-- ===== src/Price/Cheapest.antt =====
-- `find_cheapest_window`: among the runs of all start indexes it takes the cheapest, and the earliest
-- of several cheapest ones.
use spot_price.Prelude.{
  ℕ, zero, suc, ◌+◌, ◌-◌, ◌≤◌, ◌<◌, true, false, Option, none, some, List, [], ◌∷◌, ◌≡◌, ◌⊎◌, inl,
  inr, refl, arith, length, take, drop, Bool-cases, Option-cases, ◌∙◌, drop-nil, length-drop,
  length-take,
}
use spot_price.Float.{Double, number, ◌≼◌, IsOrdered}
use spot_price.Jiff.{Instant}
use spot_price.Price.{
  TotalPrice, PriceWindow, Best, run, scan, improve, slice?, find_cheapest_window,
  build_price_window,
}
use spot_price.Price.Summary.{build_price_window-prices, build_price_window-some}
use spot_price.Price.Run.{IsShortest, average, run-IsShortest, IsShortest-run}

next_bounds :
    (k j n : ℕ)
    → ◌≡◌ {A = Option (ℕ × ℕ)} (some (k + 1 + j, k + 1 + j + n)) (some (k + suc j, k + suc j + n))
next_bounds k j n = ground arith

module _ {F : Type 0} ⦃d : Double F⦄ (o : IsOrdered F) where
  open d use {le, lt, is_nan}
  open o use {le_refl, le_num, le_total, lt-eq, lt_num}

  improve_lem :
      (best : Best F) (k : ℕ) (c : Option (ℕ × F))
      → is_nan best.0 ≡ false
      → ((improve best k c).0 ≼ best.0)
        × ((n : ℕ) (a : F) → c ≡ some (n, a) → lt a (improve best k c).0 ≡ false)
  improve_lem best k none h = (le_refl best.0 h, λ n a e. absurd (ground arith))
  improve_lem best k (some (m, b)) h = (
    ground (arith, le_refl best.0 h, lt-eq b best.0, lt_num b best.0, le_total b best.0),
    λ n a e. ground (arith, lt-eq a a, lt_num a a, le_refl a),
  )

  lt-le_trans : (a x y : F) → lt a x ≡ true → x ≼ y → lt a y ≡ true
  lt-le_trans a x y h k =
      ground (arith, lt_num a x, le_num x y, lt-eq a x, lt-eq a y, o.le_trans x y a)

  not-lt-le_trans : (a x y : F) → lt a x ≡ false → y ≼ x → lt a y ≡ false
  not-lt-le_trans a x y h k = ground (arith, lt-le_trans a y x)

  le_of_not_lt : (a x : F) → lt a x ≡ false → is_nan a ≡ false → is_nan x ≡ false → x ≼ a
  le_of_not_lt a x h p q = ground (arith, lt-eq a x)

module _ {T F : Type 0} ⦃i : Instant T⦄ ⦃d : Double F⦄ where
  open d use {le, lt, is_nan}

  -- From start index `s` the shortest run that is long enough has `n` intervals and this average.
  abbrev pub IsRunAt : F → List (TotalPrice T F) → ℕ → ℕ → F → Type 0
  IsRunAt duration prices s n a =
      IsShortest duration (number 0) none (drop s prices) n
      × (a ≡ average (number 0) (number 0) (take n (drop s prices)))

  abbrev first_run : F → List (TotalPrice T F) → Option (ℕ × F)
  first_run duration prices = run duration (number 0) (number 0) none prices

  -- The scan from index `k` on has found a new best run, at offset `j`.
  record IsFound (duration : F) (best : Best F) (k : ℕ) (prices : List (TotalPrice T F))
      (r : Best F) (j n : ℕ) : Type 0 where
    bounds : r.1 ≡ some (k + j, k + j + n)
    found : first_run duration (drop j prices) ≡ some (n, r.0)
    better : lt r.0 best.0 ≡ true
    earliest :
        (j' n' : ℕ) (a : F)
        → j' < j
        → first_run duration (drop j' prices) ≡ some (n', a)
        → is_nan a ≡ false
        → lt r.0 a ≡ true

  record IsBest (duration : F) (best : Best F) (k : ℕ) (prices : List (TotalPrice T F)) (r : Best F)
      : Type 0 where
    no_worse : r.0 ≼ best.0
    cheapest :
        (j n : ℕ) (a : F) → first_run duration (drop j prices) ≡ some (n, a) → lt a r.0 ≡ false
    origin : (r ≡ best) ⊎ ((j : ℕ) × (n : ℕ) × IsFound duration best k prices r j n)

  module _ (o : IsOrdered F) (duration : F) where
    open o use {le_refl, le_trans, le_num, lt_num}

    -- the entry at the index is the new best one, or nothing changes
    improve_origin :
        (best : Best F) (k : ℕ) (prices : List (TotalPrice T F)) (r : Best F)
        → r ≡ improve best k (first_run duration prices)
        → (r ≡ best) ⊎ ((n : ℕ) × IsFound duration best k prices r 0 n)
    improve_origin best k prices r h = elim (Option-cases (first_run duration prices)) [
      | inl e ↦ inl (ground arith)
      | inr ((n, b), e) ↦ elim (Bool-cases (lt b best.0)) [
        | inr worse ↦ inl (ground arith)
        | inl better ↦
            let same : r ≡ (b, some (k, k + n)) = ground arith in
            inr (
              n,
              record {
                bounds = ground arith;
                found = ground arith;
                better = ground arith;
                earliest = λ j' n' a p. absurd (omega arith);
              },
            )
      ]
    ]

    scan-IsBest :
        (best : Best F) (k : ℕ) (prices : List (TotalPrice T F))
        → is_nan best.0 ≡ false
        → IsBest duration best k prices (scan duration best k prices)
    unfolding scan
    scan-IsBest best k [] num = record {
      no_worse = le_refl best.0 num;
      cheapest = λ j n a e. absurd (ground (arith, drop-nil (TotalPrice T F) j));
      origin = inl refl;
    }
    scan-IsBest best k (e ∷ es) num =
        let prices = e ∷ es in
        let c = first_run duration prices in
        let best' = improve best k c in
        let r = scan duration best' (k + 1) es in
        let (down, seen) = improve_lem o best k c num in
        let rest = scan-IsBest best' (k + 1) es (le_num _ _ down).0 in
        record {
          no_worse = le_trans _ _ _ rest.no_worse down;
          cheapest = elim [
            | zero ↦ λ n a e. not-lt-le_trans o a best'.0 r.0 (seen n a e) rest.no_worse
            | suc j ↦ rest.cheapest j
          ];
          origin = elim rest.origin [
            | inl same ↦ elim (improve_origin best k prices r same) [
              | inl old ↦ inl old
              | inr (n, found) ↦ inr (0, n, found)
            ]
            | inr (j, n, found) ↦ inr (
              suc j,
              n,
              record {
                bounds = found.bounds ∙ next_bounds k j n;
                found = found.found;
                better = lt-le_trans o _ _ _ found.better down;
                earliest = elim [
                  | zero ↦ λ n' a p e q.
                      lt-le_trans o r.0 best'.0 a found.better
                        (le_of_not_lt o a best'.0 (seen n' a e) q (le_num _ _ down).0)
                  | suc j' ↦ λ n' a p. found.earliest j' n' a (omega arith)
                ];
              },
            )
          ];
        }

  slice?-run :
      (prices : List (TotalPrice T F)) (j n : ℕ)
      → 0 < n
      → n ≤ length (drop j prices)
      → slice? (0 + j) (0 + j + n) prices ≡ some (take n (drop j prices))
  slice?-run prices j n p q =
      let size = length-drop j prices in
      let count : 0 + j + n - (0 + j) ≡ n = omega arith in
      let start : 0 + j ≡ j = omega arith in rw (count, start) (ground (arith, size))

  module _ (o : IsOrdered F) where
    -- The run of the scan is the window that is built.
    pub record IsCheapest (duration : F) (prices : List (TotalPrice T F)) (s n : ℕ) (a : F)
        : Type 0 where
      pub run : IsRunAt duration prices s n a
      pub cheapest : (j m : ℕ) (b : F) → IsRunAt duration prices j m b → lt b a ≡ false
      pub earliest :
          (j m : ℕ) (b : F)
          → j < s
          → IsRunAt duration prices j m b
          → is_nan b ≡ false
          → lt a b ≡ true

    first_run-IsRunAt :
        (duration : F) (prices : List (TotalPrice T F)) (j n : ℕ) (a : F)
        → IsRunAt duration prices j n a
        → first_run duration (drop j prices) ≡ some (n, a)
    first_run-IsRunAt duration prices j n a (short, mean) =
        rw mean (IsShortest-run duration (number 0) (number 0) none (drop j prices) n short)

    IsFound-IsCheapest :
        (duration : F) (prices : List (TotalPrice T F)) (r : Best F) (j n : ℕ)
        → IsBest duration (d.infinity, none) 0 prices r
        → IsFound duration (d.infinity, none) 0 prices r j n
        → IsCheapest duration prices j n r.0
    IsFound-IsCheapest duration prices r j n best found = record {
      run = run-IsShortest duration _ _ none (drop j prices) n r.0 found.found;
      cheapest = λ k m b h. best.cheapest k m b (first_run-IsRunAt duration prices k m b h);
      earliest = λ k m b p h. found.earliest k m b p (first_run-IsRunAt duration prices k m b h);
    }

    -- A window that is returned is a gapless run of the given prices that lasts long enough and would
    -- not without its last interval. No run from any start index has a lower average, and every run
    -- that starts earlier, with an average that is a number, has a higher one. The order of `f64` is
    -- total away from NaN.
    pub find_cheapest_window_lem :
        (prices : List (TotalPrice T F)) (duration : ℕ) (w : PriceWindow T F)
        → find_cheapest_window prices duration ≡ some w
        → (s : ℕ) × (n : ℕ) × (a : F) × IsCheapest (number duration) prices s n a
          × (w.prices ≡ take n (drop s prices))
    unfolding find_cheapest_window
    find_cheapest_window_lem [] duration w h = absurd (ground arith)
    find_cheapest_window_lem (e ∷ es) duration w h =
        let prices = e ∷ es in
        let r = scan (number duration) (d.infinity, none) 0 prices in
        let best = scan-IsBest o (number duration) (d.infinity, none) 0 prices o.infinity_num in
        elim best.origin [
          | inl same ↦ absurd (ground arith)
          | inr (j, n, found) ↦
              let c = IsFound-IsCheapest (number duration) prices r j n best found in
              let cut = slice?-run prices j n c.run.0.some_entry c.run.0.in_range in
              let built : build_price_window (take n (drop j prices)) ≡ some w =
                ground (arith, cut, found.bounds) in
              (j, n, r.0, c, build_price_window-prices _ w built)
        ]

    build_price_window-take :
        (prices : List (TotalPrice T F)) (j n : ℕ)
        → 0 < n
        → n ≤ length (drop j prices)
        → (w : PriceWindow T F) × (build_price_window (take n (drop j prices)) ≡ some w)
    build_price_window-take prices j n p q =
        go (take n (drop j prices)) (length-take n (drop j prices) q)
      where
        go :
            (l : List (TotalPrice T F))
            → length l ≡ n
            → (w : PriceWindow T F) × (build_price_window l ≡ some w)
        go [] h = absurd (omega arith)
        go (x ∷ xs) h = let built = build_price_window-some x xs in (built.0, built.2)

    -- For a duration of more than zero, a window is found whenever some start index has a run that
    -- lasts long enough and whose average is below infinity. The order of `f64` is total away from NaN.
    pub find_cheapest_window_found :
        (prices : List (TotalPrice T F)) (duration : ℕ)
        → 0 < duration
        → (j m : ℕ) (b : F) → IsRunAt (number duration) prices j m b
        → lt b d.infinity ≡ true
        → (w : PriceWindow T F) × (find_cheapest_window prices duration ≡ some w)
    unfolding find_cheapest_window
    find_cheapest_window_found [] duration long j m b chosen below = absurd (
        omega
          (arith, chosen.0.some_entry, chosen.0.in_range, length-drop {A = TotalPrice T F} j []))
    find_cheapest_window_found (e ∷ es) duration long j m b chosen below =
        let prices = e ∷ es in
        let r = scan (number duration) (d.infinity, none) 0 prices in
        let best = scan-IsBest o (number duration) (d.infinity, none) 0 prices o.infinity_num in
        elim best.origin [
          | inl same ↦ absurd (
              ground (
                arith,
                best.cheapest j m b (first_run-IsRunAt (number duration) prices j m b chosen),
              ))
          | inr (k, n, found) ↦
              let c = IsFound-IsCheapest (number duration) prices r k n best found in
              let cut = slice?-run prices k n c.run.0.some_entry c.run.0.in_range in
              let (w, built) =
                build_price_window-take prices k n c.run.0.some_entry c.run.0.in_range in
              (w, ground (arith, cut, built, found.bounds))
        ]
——————————
| Brief |
Going back to the entries above, set down exactly the lines that begin at the one with "a (omega arith)" and end at the one with "let size = length-drop j prices in", both included, and nothing else.

| The completed task |
                  | suc j' ↦ λ n' a p. found.earliest j' n' a (omega arith)
                ];
              },
            )
          ];
        }

  slice?-run :
      (prices : List (TotalPrice T F)) (j n : ℕ)
      → 0 < n
      → n ≤ length (drop j prices)
      → slice? (0 + j) (0 + j + n) prices ≡ some (take n (drop j prices))
  slice?-run prices j n p q =
      let size = length-drop j prices in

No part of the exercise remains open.